Exposure to environmental pollutants during pregnancy may boost the risk of asthma in offspring for up to three consecutive generations, a study found.
The mouse study, “Transgenerational transmission of asthma risk after exposure to environmental particles during pregnancy,” appeared in the American Journal of Physiology – Lung Cellular and Molecular Physiology.
Researchers followed three generations of mice across three groups. Mothers in the first group were exposed to diesel exhaust particles during pregnancy, while pregnant mothers in the second were exposed to urban air particle concentrates. The third group consisted of healthy controls not exposed to any pollutants.
After comparing cells from the lungs of the first, second and third generations of offspring from the three groups, researchers found that all generations descended from mice exposed to diesel exhaust particles during pregnancy had much higher levels of eosinophils, a type of immune cell commonly found in the presence of allergies.
Moreover, third-generation offspring showed higher levels of interleukin proteins (namely IL-5 and IL-3), known to be involved in regulating the immune system, and also a marker of asthma risk. The more prominent results, however, were found among the first and second generations.
The team hypothesized that epigenetic mechanisms caused the transmission of these features across generations.
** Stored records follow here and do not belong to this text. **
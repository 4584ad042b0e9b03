-- ===== src/CrossDomain/Adapters.antt =====
-- src/cloudnative_threatguard/correlation/cross_domain/adapters: detections and findings as unified events. The
-- validation that the schema does raises a `ValidationError`, which is a `ValueError`.
pub mod ThreatGuard
pub mod CloudGraphGuard
pub mod Bounds
pub mod Delivery
use cloud_native_threat_guar.Prelude.{
  ℕ, String, Bool, true, false, Option, none, some, List, [], ◌∷◌, leb, ◌∷◌, if◌then◌else◌,
}
use cloud_native_threat_guar.Prelude.Int.{ℤ, pos, negsuc}
use cloud_native_threat_guar.Prelude.Json.{Json, null, str, Items, nil, cons}
use cloud_native_threat_guar.Prelude.Python.{PyError, value_error}
use cloud_native_threat_guar.Prelude.Result.{Result, ok, err, ◌>>=◌}

-- `Field(ge=0.0, le=...)` on a number in the units of the field.
unfoldable pub validated : ℕ → ℤ → Result PyError ℕ
validated top (pos n) = if leb n top then ok n else err value_error
validated top (negsuc n) = err value_error

-- A field `str | None`.
unfoldable pub optional_text : Json → Result PyError (Option String)
optional_text null = ok none
optional_text (str s) = ok (some s)
optional_text _ = err value_error

-- A list of texts as JSON holds it.
unfoldable pub texts : List String → Items
texts [] = nil
texts (s ∷ ss) = cons (str s) (texts ss)

-- `[cls.to_unified_event(e) for e in events]`
unfoldable pub batch : {A B : Type 0} → (A → Result PyError B) → List A → Result PyError (List B)
batch f [] = ok []
batch f (a ∷ as') = do b ← f a; bs ← batch f as'; ok (b ∷ bs)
Epigenetics refers to the study of potentially heritable changes in gene activity that do not involve changes in the DNA sequence. These changes can be induced by external or environmental factors. Epigenetic changes are a natural occurrence, and they can also be influenced by age, lifestyle or disease.
DNA methylation is one type of epigenetic mechanism in which a chemical methyl group is added to the DNA molecule. Methylation can change the activity of genes.
Researchers found that exposure to environmental pollutants led to distinct DNA methylation changes in the three offspring generations, namely in immune cells called dendritic cells, which are known to play a key role in the development of asthma in early life.
These findings suggested that such DNA changes could be the cause for the increased risk of asthma to pass from generation to generation.
Environmental factors like air pollutants or cigarette smoking can influence epigenetic modifications, and may also be involved in skewing the immune system towards a particular type of feature associated with a higher susceptibility to asthma. They may also modulate the immune and inflammatory processes that affect treatment responsiveness.
The study may help doctors and researchers begin to recognize that asthma may not be merely an inflammatory disease but “to a large extent, an epigenetic disease,” Alexey Fedulov, its senior author, said in a press release. He noted that “this approach may allow entirely new therapeutic strategies.”